# General Mandolin Topics > Vintage Instruments >  any banjo-mandolin (banjolin) fans out there?

## fiddlinfool

Is anyone here a fan of the banjo-mandolin (aka banjolin)? 

I have an old Kay Master banjo-mandolin from the 1930s that is currently out for repairs (so I can't post pics) but I have been thinking of getting a Gibson for some time now (as the price of a vintage Gibson banjo-mandolin is quite reasonable). I can't explain my affection for the banjo-mandolin - it's just there.

Just wondering if anyone else loves this mandolin variation and if so what do you like about it. Pics are also nice #

----------


## JEStanek

I don't have one but I want one (when I get $$$$). Search it... there were some nice discussions with photos in the past, I believe.

Jamie

----------


## allenhopkins

I own a couple. a Vega Little Wonder and a no-name. I've used them in Celtic and klezmer bands, when a percussive sound that cut through the music was needed, or when the tune had a ragtimey emphasis. I presently work in a Celtic quartet (Innisfree) where the instrumentation is banjolin, hammered dulcimer, accordion, and guitar/mandola/octave mandolin for rhythm. If you'd like to hear what that sounds like, there are a couple MP3's on the Innisfree page of my website:

Innisfree

That's Mark Deprez on banjolin, one he built himself.

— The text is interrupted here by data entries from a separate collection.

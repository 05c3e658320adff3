-- ===== src/Skills/Executor/Filtered.antt =====
-- What becomes of a text in which every `tool_request` is replaced.
use Prim.Native.Char.{Char}
use text.Mathlib.TextLemmas.{nil-append, cons-append}
use orion_dock.Prelude.{
  not_of_false, replace_from, replace_from, ℕ, zero, suc, String, ◌≡◌, sym, ap, ◌∙◌, subst, inl,
  inr, ◌⧺◌, starts_with, replace_text, skip_chars, Bool-cases,
}
use orion_dock.Affixes.{starts_with-append_iff}

-- Each mention is replaced, from the left, and the other characters stay.
pub data Filtered : String → String → Type 0 where
  empty : Filtered "" ""
  kept :
      (c : Char) (s t : String)
      → ¬ ((r : String) × (String.◌∷◌ c s ≡ "tool_request" ⧺ r))
      → Filtered s t
      → Filtered (String.◌∷◌ c s) (String.◌∷◌ c t)
  mention : (s t : String) → Filtered s t → Filtered ("tool_request" ⧺ s) ("[filtered]" ⧺ t)

size : String → ℕ
size String.[] = zero
size (String.◌∷◌ c s) = suc (size s)

skip-append : (t r : String) → skip_chars (size t) (t ⧺ r) ≡ r
unfolding skip_chars size
skip-append String.[] r = nil-append r
skip-append (String.◌∷◌ c t) r = rw (cons-append c t r) (skip-append t r)

replace_from-Filtered :
    (n : ℕ) (s : String) → Filtered (skip_chars n s) (replace_from "tool_request" "[filtered]" n s)
unfolding skip_chars replace_from size
replace_from-Filtered zero String.[] = Filtered.empty
replace_from-Filtered (suc n) String.[] = Filtered.empty
replace_from-Filtered (suc n) (String.◌∷◌ c s) = replace_from-Filtered n s
replace_from-Filtered zero (String.◌∷◌ c s) =
    elim (Bool-cases (starts_with (String.◌∷◌ c s) "tool_request")) [
      | inl here ↦
          let (r, e) = (starts_with-append_iff (String.◌∷◌ c s) "tool_request").0 here in
          let rest : skip_chars 11 s ≡ r = ap (skip_chars 12) e ∙ skip-append "tool_request" r in
          rw here (
            subst (λ u. Filtered u ("[filtered]" ⧺ replace_from "tool_request" "[filtered]" 11 s))
              (sym (e ∙ ap (λ u. "tool_request" ⧺ u) (sym rest)))
              (Filtered.mention _ _ (replace_from-Filtered 11 s)))
      | inr elsewhere ↦ rw elsewhere (
          Filtered.kept c s _
            (not_of_false (starts_with (String.◌∷◌ c s) "tool_request")
              (starts_with-append_iff (String.◌∷◌ c s) "tool_request") elsewhere)
            (replace_from-Filtered zero s))
    ]

pub replace_text-Filtered : (s : String) → Filtered s (replace_text "tool_request" "[filtered]" s)
unfolding replace_text skip_chars
replace_text-Filtered s = replace_from-Filtered zero s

I think the banjo-mandolin is a "niche" instrument that has to be used judiciously. Its piercing tone and lack of sustain make it unsuitable for many styles and ensembles. The adjective that often springs to mind when I think of it is "raucous." That's a quality that works in some situations, and totally doesn't work in others. If you're interested in getting further into the instrument, there are many good used ones, from the early 20th century, available at reasonable prices, since it's out of favor with most pickers now and there isn't a great demand. Gibsons, Vegas, Bacons etc. can be obtained for less than $1K. Used with taste, a banjolin can give you an additional voice -- and you can be just as loud as the banjo player. Hell, you can BE the banjo player!

----------


## mandroid

Three)...
Another Vega lil' wonder #owner here, #a Remo head.
+ An ex 8 now #4 string #with a thinner hoop. [melody banjolin?]

And rebuild of #a slingerland-may bell banjo-uke to have a spruce, rather than a skin head, [was just a hoop, fretboardless neck, and some rusty hardware, then.
 after not being happy with metal strings on it , I set it up with a baritone uke string set, [martin] tuned in 5ths,[fcgd, or gdae] needed only swapping out the treble string - from a soprano uke lightest ones.

turning off the computer to #go play it now...

----------


## Jim Garber

I have Weymann with a small (7") head. One of the few of which I can take the percussive sound. Great for ragtime.

Jim

----------


## John Flynn

I am not a fan of playing one myself, but I have heard some great performances on them. Curtis Buckhannon plays one on the cut "Echoes of the Ozarks" on the Ill-Mo Boys CD, "Laugh and Grown Fat." It is as good an application of the instrument as I have ever heard. Also, I got to hear a ragtime mando player, Dennis Pash of Kansas City, play one for a whole concert as the lead instrument. He is with the Etcetera String Band. He blew me away! Even if you really aren't into ragtime, don't pass up the chance to hear this guy. 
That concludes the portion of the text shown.